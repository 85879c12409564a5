-- ===== src/Tasking/Sleep/Order.antt =====
-- Where `scheduler_wait_thread` puts a thread.
use vk.Prelude.{
  ℕ, ◌+◌, ◌-◌, ◌≤◌, ◌<◌, ◌≡◌, refl, ap, true, false, List, [], ◌∷◌, ◌++◌, ◌==◌, ltb, ◌||◌, arith,
  Bool-cases, inl, inr,
}
use vk.Tasking.Sleep.{
  Wait, Sleepers, place, link, add_wait, wait_time_part, scheduler_wait_thread, sleep_time,
}

-- The times of the entries, one after the other: when the last of them wakes.
unfoldable pub total : List Wait → ℕ
total [] = 0
total (e ∷ es) = e.time + total es

-- The list is cut at the place for `time`: what is before it is over by then, and what is behind
-- it is not, unless the time is used up exactly.
pub record Cut (time : ℕ) (list before behind : List Wait) : Type 0 where
  pub parts : before ++ behind ≡ list
  pub over : total before ≤ time

place-Cut : (time : ℕ) (list : List Wait) → Cut time list (place time list).0 (place time list).1
unfolding place total
place-Cut time [] = record { parts = refl; over = omega arith }
place-Cut time (e ∷ es) = elim (Bool-cases ((time == 0) || ltb time e.time)) [
  | inl stop ↦ rw stop (record { parts = refl; over = omega arith })
  | inr go ↦
      let le : e.time ≤ time = ground (arith, go) in
      let ih = place-Cut (time - e.time) es in
      rw go
        (record { parts = ap (λ (l : List Wait). e ∷ l) ih.parts; over = omega (arith, ih.over) })
]

-- A thread that is to sleep for some time, but less than the first that sleeps, becomes the only
-- one of the list: all others are lost, and no update of the list wakes them.
pub scheduler_wait_thread-drops :
    (thread : ℕ × ℕ) (wait_time : ℕ) (s : Sleepers) (e : Wait) (es : List Wait)
    → s.wait_list ≡ e ∷ es
    → 0 < wait_time
    → wait_time < e.time
    → (scheduler_wait_thread thread sleep_time 0 wait_time s).wait_list
      ≡ record { thread = thread; time = wait_time } ∷ []
unfolding scheduler_wait_thread wait_time_part add_wait place link
scheduler_wait_thread-drops thread wait_time s e es l pos lt =
    let p : ltb 0 wait_time ≡ true = ground arith in
    let b : (wait_time == 0) ≡ false = ground arith in
    let c : ltb wait_time e.time ≡ true = ground arith in rw (p, l, b, c) refl

-- A thread that is to sleep for some time, but no less than the first that sleeps, is put in
-- between the others, which all stay in their order. The list counts each time from the one before
-- it on; those in front of the new thread add up to no more than its time, but the thread has its
-- whole time once more behind them.
pub scheduler_wait_thread-late :
    (thread : ℕ × ℕ) (wait_time : ℕ) (s : Sleepers) (e : Wait) (es : List Wait)
    → s.wait_list ≡ e ∷ es
    → 0 < wait_time
    → e.time ≤ wait_time
    → let added : Wait = record { thread = thread; time = wait_time } in
      (before : List Wait) × (behind : List Wait) × (e ∷ before ++ behind ≡ s.wait_list)
      × (total (e ∷ before) ≤ wait_time)
      × ((scheduler_wait_thread thread sleep_time 0 wait_time s).wait_list
          ≡ e ∷ before ++ (added ∷ behind))
unfolding scheduler_wait_thread wait_time_part add_wait place link total
scheduler_wait_thread-late thread wait_time s e es l pos le =
    let p : ltb 0 wait_time ≡ true = ground arith in
    let b : (wait_time == 0) ≡ false = ground arith in
    let c : ltb wait_time e.time ≡ false = ground arith in
    let cut = place-Cut (wait_time - e.time) es in
    rw (p, l, b, c)
      (
        (place (wait_time - e.time) es).0,
        (place (wait_time - e.time) es).1,
        ap (λ (r : List Wait). e ∷ r) cut.parts,
        omega (arith, cut.over),
        refl,
      )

TASK OBJECTIVE: Within the entries above, find every line where the string "than" occurs, and copy it.

TASK RESULT:
-- A thread that is to sleep for some time, but less than the first that sleeps, becomes the only
-- A thread that is to sleep for some time, but no less than the first that sleeps, is put in
-- it on; those in front of the new thread add up to no more than its time, but the thread has its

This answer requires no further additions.